WHAT IS BEING ASKED:
In the entries below, which lines run from the one containing "unfolding step one_less" to the one containing "closed-step s (upserts"? Copy exactly those lines, ends included, and no others.

(EXTRACTED RECORDS)

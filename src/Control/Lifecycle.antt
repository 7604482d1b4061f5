-- ===== src/Control/Lifecycle.antt =====
-- The states that a slice of crates/app/src/control.rs goes through.
use mathlib.Core.Option
use intelnav.Base.{
  ℕ, ◌≡◌, Bool, true, false, Option, none, some, List, [], ◌∷◌, arith, String, inl, inr,
}
use intelnav.Control.{
  SliceStatus, announcing, draining, stopped, SliceKey, ControlState, ChainGuard, is_status,
  key_eq_iff, one_less, upsert_announcing, begin_drain, accept_chain, release_chain, drain_idle,
  force_stop_all_draining, is_announcing,
}
use intelnav.Control.Entries.{
  entry_of, entry-upsert, entry-begin_drain, accept-cases, entry-release, entry-drain_idle,
  entry-force_stop,
}

-- The methods that change the state.
pub data Method : Type 0 where
  upserts : SliceKey → String → Method
  drains : SliceKey → ℕ → Method
  accepts releases : SliceKey → Method
  sweeps forces : Method

abbrev admitted : ControlState → Option (ControlState × ChainGuard) → ControlState
admitted s none = s
admitted s (some (t, g)) = t

unfoldable pub step : ControlState → Method → ControlState
step s (upserts k name) = upsert_announcing s k name
step s (drains k now) = (begin_drain s k now).0
step s (accepts k) = admitted s (accept_chain s k)
step s (releases k) = (release_chain s k).0
step s sweeps = (drain_idle s).0
step s forces = (force_stop_all_draining s).0

unfoldable pub run : ControlState → List Method → ControlState
unfolding step
run s [] = s
run s (m ∷ ms) = run (step s m) ms

abbrev pub status_of : ControlState → SliceKey → Option SliceStatus
status_of s k = Option.map (λ e. e.state) (entry_of s k)

-- The moves of one slice. A stopped slice comes back by a join only, and none is ever forgotten.
abbrev pub allowed : Option SliceStatus → Option SliceStatus → Bool
allowed none none = true
allowed none (some announcing) = true
allowed none (some _) = false
allowed (some _) none = false
allowed (some announcing) (some stopped) = false
allowed (some stopped) (some draining) = false
allowed (some _) (some _) = true

allowed-accept :
    (s : ControlState) (k j : SliceKey)
    → allowed (status_of s j) (status_of (admitted s (accept_chain s k)) j) ≡ true
allowed-accept s k j = elim (accept-cases s k) [
  | inl refused ↦ rw refused (ground arith)
  | inr (e, t, found, open_, taken, after) ↦ rw taken (ground (arith, after j, key_eq_iff k j))
]

-- Whatever method runs, every slice keeps its status or makes one of the allowed moves: none to
-- announcing, announcing to draining, draining to stopped, and from draining or stopped back to
-- announcing.
pub step-allowed :
    (s : ControlState) (m : Method) (j : SliceKey)
    → allowed (status_of s j) (status_of (step s m) j) ≡ true
unfolding step one_less
step-allowed s (upserts k name) j = ground (arith, entry-upsert s k j name, key_eq_iff k j)
step-allowed s (drains k now) j = ground (arith, entry-begin_drain s k j now, key_eq_iff k j)
step-allowed s (accepts k) j = allowed-accept s k j
step-allowed s (releases k) j = ground (arith, entry-release s k j, key_eq_iff k j)
step-allowed s sweeps j = ground (arith, entry-drain_idle s j)
step-allowed s forces j = ground (arith, entry-force_stop s j)

-- A method that is no join of `k`.
abbrev pub Joins : SliceKey → Method → Type 0
Joins k (upserts j name) = j ≡ k
Joins k _ = ⊥

abbrev pub NoJoin : SliceKey → List Method → Type 0
NoJoin k [] = Unit
NoJoin k (m ∷ ms) = (¬ Joins k m) × NoJoin k ms

is_announcing-status :
    (s : ControlState) (k : SliceKey)
    → is_announcing s k ≡ elim (status_of s k) [ none ↦ false | some t ↦ is_status t announcing ]
unfolding is_announcing
is_announcing-status s k = ground arith

closed-step :
    (s : ControlState) (m : Method) (k : SliceKey)
    → ¬ Joins k m
    → is_announcing s k ≡ false
    → is_announcing (step s m) k ≡ false
unfolding is_announcing step one_less
closed-step s (upserts j name) k other c = ground (arith, entry-upsert s j k name, key_eq_iff j k)
closed-step s (drains j now) k other c = ground (arith, entry-begin_drain s j k now, key_eq_iff j k)
closed-step s (accepts j) k other c = elim (accept-cases s j) [
  | inl refused ↦ rw refused c
  | inr (e, t, found, open_, taken, after) ↦ rw taken (ground (arith, after k, key_eq_iff j k))
]
closed-step s (releases j) k other c = ground (arith, entry-release s j k, key_eq_iff j k)
closed-step s sweeps k other c = ground (arith, entry-drain_idle s k)
closed-step s forces k other c = ground (arith, entry-force_stop s k)

closed-run :
    (s : ControlState) (ms : List Method) (k : SliceKey)
    → NoJoin k ms
    → is_announcing s k ≡ false
    → is_announcing (run s ms) k ≡ false
unfolding run
closed-run s [] k quiet c = c
closed-run s (m ∷ ms) k quiet c = closed-run (step s m) ms k quiet.1 (closed-step s m k quiet.0 c)

accept-refuses :
    (s : ControlState) (k : SliceKey) → is_announcing s k ≡ false → accept_chain s k ≡ none
unfolding is_announcing accept_chain
accept-refuses s k c = ground arith

leaves-announcing :
    (s : ControlState) (k : SliceKey) (now : ℕ) → is_announcing (begin_drain s k now).0 k ≡ false
unfolding is_announcing
leaves-announcing s k now = ground (arith, entry-begin_drain s k k now, key_eq_iff k k)

-- After a leave, and through any later calls but a join of that slice, no chain is admitted.
pub leave_admits_none :
    (s : ControlState) (k : SliceKey) (now : ℕ) (ms : List Method)
    → NoJoin k ms
    → accept_chain (run (begin_drain s k now).0 ms) k ≡ none
leave_admits_none s k now ms quiet = accept-refuses _ k (closed-run _ ms k quiet left)
  where
    left : is_announcing (begin_drain s k now).0 k ≡ false
    left = leaves-announcing s k now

(End EXTRACTED RECORDS)

OUTPUT FOR THIS TASK:
unfolding step one_less
step-allowed s (upserts k name) j = ground (arith, entry-upsert s k j name, key_eq_iff k j)
step-allowed s (drains k now) j = ground (arith, entry-begin_drain s k j now, key_eq_iff k j)
step-allowed s (accepts k) j = allowed-accept s k j
step-allowed s (releases k) j = ground (arith, entry-release s k j, key_eq_iff k j)
step-allowed s sweeps j = ground (arith, entry-drain_idle s j)
step-allowed s forces j = ground (arith, entry-force_stop s j)

-- A method that is no join of `k`.
abbrev pub Joins : SliceKey → Method → Type 0
Joins k (upserts j name) = j ≡ k
Joins k _ = ⊥

abbrev pub NoJoin : SliceKey → List Method → Type 0
NoJoin k [] = Unit
NoJoin k (m ∷ ms) = (¬ Joins k m) × NoJoin k ms

is_announcing-status :
    (s : ControlState) (k : SliceKey)
    → is_announcing s k ≡ elim (status_of s k) [ none ↦ false | some t ↦ is_status t announcing ]
unfolding is_announcing
is_announcing-status s k = ground arith

closed-step :
    (s : ControlState) (m : Method) (k : SliceKey)
    → ¬ Joins k m
    → is_announcing s k ≡ false
    → is_announcing (step s m) k ≡ false
unfolding is_announcing step one_less
closed-step s (upserts j name) k other c = ground (arith, entry-upsert s j k name, key_eq_iff j k)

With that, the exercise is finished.